Boys and Diamonds
Release Date: Mar 01, 11
If you’re in a relationship, maybe you two should start an aspiring underground band. Look what happened to Tennis – they’re getting press like it’s their job. Look at Matt & Kim. How about Arcade Fire? Danny and Tiffany Preston, the couple behind Rainbow Arabia, create nothing like the aforementioned duos. From Los Angeles, the two create catchy and anxious dance songs built from aspects of Arabic, African, and Asian music. On the recently-released Boys and Diamonds, the Prestons prove they’re anything but Californian Americans.

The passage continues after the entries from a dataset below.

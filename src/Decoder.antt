-- ===== src/Decoder.antt =====
-- src/leshper/decode.cpp, the decoder: bytes from the terminal become keys and pastes. An instant is
-- a number of milliseconds, and an object's changes are what its operations return.
pub mod Keys
pub mod Csi
pub mod Drain
pub mod Waits
pub mod Stable
use lesh.Base.{
  find, ℕ, zero, suc, ◌+◌, ◌-◌, Bool, true, false, not, ◌&&◌, ◌||◌, Option, none, some, List, [],
  ◌∷◌, ◌++◌, Bytes, same, take, drop, length, ltb, leb, ◌==◌, if◌then◌else◌, min,
}
use lesh.Utf8.{scan_scalar, well_formed, escape_byte, escape_codepoint, replacement_character}
use lesh.Decoder.Keys.{
  KeyModifiers, plain, Event, key, paste, key_of, named_of, modifiers_from, key_for_final,
  key_for_tilde,
}
use lesh.Decoder.Csi.{parse_parameters}

-- ESC [ 2 0 1 ~
abbrev pub paste_end_marker : Bytes
paste_end_marker = 27 ∷ 91 ∷ 50 ∷ 48 ∷ 49 ∷ 126 ∷ []

abbrev paste_start_parameter : ℕ
paste_start_parameter = 200

abbrev paste_end_parameter : ℕ
paste_end_parameter = 201

-- What one consumer did: the bytes it took, what it pushed, and `_pasting` and `_paste` behind it.
pub record Consumed : Type 0 where
  pub taken : ℕ
  pub events : List Event
  pub pasting : Bool
  pub payload : Bytes

abbrev pub took : ℕ → List Event → Bytes → Consumed
took n events payload = record { taken = n; events = events; pasting = false; payload = payload }

unfoldable pub emit_text : Bytes → KeyModifiers → Bytes → Consumed
emit_text rest modifiers payload =
    let scan = scan_scalar rest in
    if scan.incomplete
    then took 0 [] payload
    else took scan.length
        (key_of (if scan.malformed then replacement_character else scan.codepoint) modifiers ∷ [])
        payload

-- `while (at < rest.size() && low <= rest[at] <= high) ++at;`, as the bytes passed.
unfoldable pub run_length : ℕ → ℕ → Bytes → ℕ
run_length low high [] = 0
run_length low high (c ∷ rest) =
    let more = suc (run_length low high rest) in if leb low c && leb c high then more else 0

abbrev named_events : Option Event → List Event
named_events none = []
named_events (some e) = e ∷ []

-- A final byte, behind `at` bytes.
unfoldable pub finish_csi : ℕ → ℕ → Bytes → Bytes → Consumed
finish_csi at final_byte parameter_text payload =
    let parameters = parse_parameters parameter_text in
    if ltb final_byte 64 || ltb 126 final_byte
    then took at [] payload
    else if parameters.private_use
    then took (at + 1) [] payload
    else if final_byte == 126
    then if parameters.first == paste_start_parameter
      then record { taken = at + 1; events = []; pasting = true; payload = payload }
      else if parameters.first == paste_end_parameter
      then took (at + 1) [] payload
      else took (at + 1)
          (named_events
            (named_of (key_for_tilde parameters.first) (modifiers_from parameters.second)))
          payload
    else if not parameters.has_first || parameters.first == 1
    then took (at + 1)
        (named_events (named_of (key_for_final final_byte) (modifiers_from parameters.second)))
        payload
    else took (at + 1) [] payload

abbrev pub end_csi : ℕ → Bytes → Bytes → Bytes → Consumed
end_csi at parameter_text payload [] = took 0 [] payload
end_csi at parameter_text payload (final_byte ∷ after) =
    finish_csi at final_byte parameter_text payload

-- `body` is what follows the ESC and the `[`.
unfoldable pub consume_csi : Bytes → Bytes → Consumed
consume_csi body payload =
    let parameters = run_length 48 63 body in
    let intermediates = run_length 32 47 (drop parameters body) in
    end_csi (2 + parameters + intermediates) (take parameters body) payload
      (drop intermediates (drop parameters body))

-- `body` is what follows the ESC and the `O`.
unfoldable pub consume_ss3 : Bytes → Bytes → Consumed
consume_ss3 [] payload = took 0 [] payload
consume_ss3 (final_byte ∷ after) payload =
    if ltb final_byte 64 || ltb 126 final_byte
    then took 2 [] payload
    else took 3 (named_events (named_of (key_for_final final_byte) plain)) payload

abbrev after_escape : Consumed → Consumed
after_escape c = record c { taken = if c.taken == 0 then 0 else c.taken + 1 }

-- `body` is what follows the ESC.
unfoldable pub consume_escape : Bytes → Bytes → Consumed
consume_escape [] payload = took 0 [] payload
consume_escape (next ∷ body) payload =
    if next == 91
    then consume_csi body payload
    else if next == 79
    then consume_ss3 body payload
    else if next == escape_byte
    then took 1 (key_of escape_codepoint plain ∷ []) payload
    else after_escape
        (emit_text (next ∷ body) (record { shift = false; alt = true; ctrl = false }) payload)

unfoldable pub consume_one : Bytes → Bytes → Consumed
consume_one [] payload = took 0 [] payload
consume_one (c ∷ rest) payload =
    if c == escape_byte then consume_escape rest payload else emit_text (c ∷ rest) plain payload

-- The loop that keeps back what may begin the marker.
unfoldable pub kept : Bytes → ℕ → ℕ
kept rest zero = 0
kept rest (suc keep) =
    let fewer = kept rest keep in
    if same (drop (length rest - suc keep) rest) (take (suc keep) paste_end_marker)
    then suc keep
    else fewer

abbrev pub paste_from : Bytes → Bytes → Option ℕ → Consumed
paste_from rest payload (some marker) = record {
  taken = marker + length paste_end_marker;
  events = paste (well_formed (payload ++ take marker rest)) ∷ [];
  pasting = false;
  payload = [];
}
paste_from rest payload none =
    let n = length rest - kept rest (min (length rest) (length paste_end_marker - 1)) in
    record { taken = n; events = []; pasting = true; payload = payload ++ take n rest }

unfoldable pub consume_paste : Bytes → Bytes → Consumed
consume_paste rest payload = paste_from rest payload (find paste_end_marker rest)

abbrev pub consume : Bool → Bytes → Bytes → Consumed
consume true rest payload = consume_paste rest payload
consume false rest payload = consume_one rest payload

-- What `drain` leaves: the two members on pastes, the bytes held, and what it pushed.
pub record Drained : Type 0 where
  pub held : Bytes
  pub pushed : List Event
  pub pasting : Bool
  pub payload : Bytes

-- The loop of `drain`, on fuel.
unfoldable pub drain_loop : ℕ → Bool → Bytes → Bytes → Drained
drain_loop zero pasting payload rest = record {
  held = rest;
  pushed = [];
  pasting = pasting;
  payload = payload;
}
drain_loop (suc f) pasting payload [] = record {
  held = [];
  pushed = [];
  pasting = pasting;
  payload = payload;
}
drain_loop (suc f) pasting payload (c ∷ rest) =
    let one = consume pasting (c ∷ rest) payload in
    let more = drain_loop f one.pasting one.payload (drop one.taken (c ∷ rest)) in
    if one.taken == 0
    then record { held = c ∷ rest; pushed = []; pasting = pasting; payload = payload }
    else record more { pushed = one.events ++ more.pushed }

pub record InputDecoder : Type 0 where
  pub escape_timeout : ℕ
  pub deadline : Option ℕ
  pub held : Bytes
  pub payload : Bytes
  pub pasting : Bool

unfoldable pub drain : InputDecoder → InputDecoder × List Event
drain d =
    let after = drain_loop (length d.held) d.pasting d.payload d.held in
    (record d { held = after.held; payload = after.payload; pasting = after.pasting }, after.pushed)

abbrev pub starts_with_escape : Bytes → Bool
starts_with_escape [] = false
starts_with_escape (c ∷ rest) = c == escape_byte

abbrev pub or_else : Option ℕ → ℕ → ℕ
or_else none n = n
or_else (some m) n = m

unfoldable pub arm : InputDecoder → ℕ → InputDecoder
arm d now =
    if d.pasting || not (starts_with_escape d.held)
    then record d { deadline = none }
    else record d { deadline = some (or_else d.deadline (now + d.escape_timeout)) }

unfoldable pub feed : InputDecoder → Bytes → ℕ → InputDecoder × List Event
feed d bytes now =
    let (d', pushed) = drain (record d { held = d.held ++ bytes }) in (arm d' now, pushed)

abbrev pub is_due : Option ℕ → ℕ → Bool
is_due none now = false
is_due (some deadline) now = not (ltb now deadline)

unfoldable pub expire : InputDecoder → ℕ → InputDecoder × List Event
expire d now =
    if not (is_due d.deadline now)
    then (d, [])
    else if not (starts_with_escape d.held)
    then (record d { deadline = none }, [])
    else let (d', pushed) = drain (record d { deadline = none; held = drop 1 d.held }) in
      (arm d' now, key_of escape_codepoint plain ∷ pushed)

unfoldable pub reset : InputDecoder → InputDecoder
reset d = record d { held = []; payload = []; pasting = false; deadline = none }

unfoldable pub holding : InputDecoder → Bool
holding d = not (same d.held []) || d.pasting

Unfortunately, they do so with just a helping too much of gusto.
To start, first track “Boys and Diamonds.” With some strange other-era synthesizers to set the initial mood, a tropical one at that, it’s accompanied briefly by a language other than English. One I neither recognize nor understand. But between the content and deliverance of the song, I’m thinking of Lykke Li on holiday with Ellie Goulding in the Caribbean. Or in Fiji.
Blending that genre called “world” with a melodic pop rhythm, “Without You” doesn’t end there – 80s rhymes and sing-song beats effortlessly succeed. By the time we’re a little past one minute, I’m quick to assume this to be like a one-hit wonder ballad, that one song that seems to have worked out too well to be replicated. I tell you now that I was wrong in my assumption. But you can decide by how much.
“Papai” starts and cues skittering space sounds and whistles which suddenly make me very skeptical of the track. It takes over two minutes for me to begin to even consider changing my mind. The constant Fourth World Pop instrumental meets some chant-like vocals, finally driving it all more into my focus. But not enough to make me remember or care to return to the track.
A mix of languages (don’t worry, English is one of them) on “Hai” catches me by surprise – I’m captivated to listen. It has a slow pull, like when you listen to a song in the car but your car is an oven and the sun is blinding and you could just fall asleep. “I wanna get high” are not joke lyrics in terms of sentiment here.
The Fuck Buttons come to mind as soon as “Mechanical” starts. But the clapping that so rudely interrupts immediately breaks that association. Foley stage-like sounds of tools hitting the ground oddly end a chant of “love me like a little child.” Akin to the child references, some of the sounds remind me of effects used in Nintendo 64 games. Most likely this is least intended by Rainbow Arabia.
For a final song, “Sequenced” sounds like it’s just beginning Boys and Diamonds. It’s quickly paced for a long time, full of echoing chants and vocal range explorations, what sounds like Bjork meowing with an ecstasy driven guy from Weird Science Djing behind her. Quite the way to sign off. But as I think about it, I realize I feel more or less the same way I did at the end of all the other tracks.